2) Algorithmic Information Theory for Modelling


slides for part 2

The second part of the tutorial discusses algorithmic information theory, and its applications towards model selection in data mining. The basic idea is that the better a model compresses the data, the better a model of the data it is. We will discuss this in light of Kolmogorov Complexity as well as the Minimum Description Length principle. After discussing the basics of information theoretic modelling, we will explain algorithmics techniques for how we can discover small sets of characteristic patterns efficiently, as well as give insight in how to construct a good encoding for a summarization problem.

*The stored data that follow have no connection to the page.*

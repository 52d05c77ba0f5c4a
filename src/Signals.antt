-- ===== src/Signals.antt =====
-- kernel/signals/signal.c: the signals of a process. NULL is `none` for a process and 0 for a
-- handler. A signal number outside 1 to SIG_COUNT, which the code does not test and which leads
-- outside the arrays, and a failed ASSERT give `none`.
pub mod Deliver
mod Tests
use model_lib.Common.{
  ℕ, zero, suc, Bool, true, false, not, ◌&&◌, ◌||◌, Option, none, some, List, if◌then◌else◌, ◌==◌,
  ltb, get_or, set,
}

pub record IsrState : Type 0 where
  pub ds : ℕ
  pub edi : ℕ
  pub esi : ℕ
  pub ebp : ℕ
  pub esp : ℕ
  pub ebx : ℕ
  pub edx : ℕ
  pub ecx : ℕ
  pub eax : ℕ
  pub int_no : ℕ
  pub err_code : ℕ
  pub eip : ℕ
  pub cs : ℕ
  pub eflags : ℕ
  pub useresp : ℕ
  pub ss : ℕ

-- `process_t`, as far as its signals go.
pub record Process : Type 0 where
  pub pending_signals : List Bool
  pub sig_handlers : List ℕ
  pub sig_return_state : IsrState
  pub in_sig : Bool

abbrev pub sig_count : ℕ
sig_count = 2

-- `sig - 1` as an index of the arrays.
abbrev pub slot : ℕ → Option ℕ
slot zero = none
slot (suc i) = if ltb i sig_count then some i else none

abbrev set_slot : Process → ℕ → Option ℕ → Option Process
set_slot p handler none = none
set_slot p handler (some i) = some (record p { sig_handlers = set p.sig_handlers i handler })

pub sig_set_handler : Process → (sig handler : ℕ) → Option Process
sig_set_handler p sig handler = set_slot p handler (slot sig)

abbrev pub queue_slot : Process → Option ℕ → Option (Bool × Option Process)
queue_slot p none = none
queue_slot p (some i) =
    if get_or p.sig_handlers i 0 == 0
    then some (false, some p)
    else some (true, some (record p { pending_signals = set p.pending_signals i true }))

pub sig_queue_signal : Option Process → (sig : ℕ) → Option (Bool × Option Process)
sig_queue_signal none sig = some (false, none)
sig_queue_signal (some p) sig = queue_slot p (slot sig)

-- The test of the loop in `sig_handle_pending`, and what it does when the test holds.
abbrev pub due : Process → ℕ → Bool
due p i = get_or p.pending_signals i false && not (get_or p.sig_handlers i 0 == 0)

abbrev pub taken : Process → ℕ → IsrState → Process × IsrState
taken p i s = (
  record p { pending_signals = set p.pending_signals i false; sig_return_state = s; in_sig = true },
  record s { eip = get_or p.sig_handlers i 0 },
)

-- The loop of `sig_handle_pending`, with `n` signals left.
pub deliver : Process → (n i : ℕ) → IsrState → Process × IsrState
deliver p zero i s = (p, s)
deliver p (suc n) i s = let rest = deliver p n (suc i) s in if due p i then taken p i s else rest

-- `proc` is the running process, and `is_kernel` whether it is the kernel's own.
pub sig_handle_pending : Option Process → (is_kernel : Bool) → IsrState → Option Process × IsrState
sig_handle_pending none is_kernel s = (none, s)
sig_handle_pending (some p) is_kernel s =
    if is_kernel || p.in_sig
    then (some p, s)
    else let got = deliver p sig_count 0 s in (some got.0, got.1)

pub sig_return : Process → IsrState → Option (Process × IsrState)
sig_return p s = if p.in_sig then some (record p { in_sig = false }, p.sig_return_state) else none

3) Applications of Information Theory in Data Mining


slides for part 3
The discovery of informative pattern sets is clearly part of Exploratory Data Analysis, i.e., it is primarily a descriptive problem. Still, the set of patterns discovered can be used for both descriptive and predictive data mining tasks. This part of the tutorial presents an overview of the use of the pattern sets for some of these tasks. Firstly for classical data mining tasks such as classification and clustering. Secondly for traditionally more statistical tasks such as data generation -- which allows for privacy preservation, for data imputation as well as for tasks such as outlier detection and change detection in data streams.

Program & slides

ITDM will be 3 hour tutorial on Saturday, May 2, at SIAM SDM 2015, from 8:30 to 12:00 in Room Port of Singapore (3rd level).


slides for part 1

slides for part 2

slides for part 3

The 2015 tutorial on Information Theoretic Methods in Data Mining is organized in conjunction with SDM.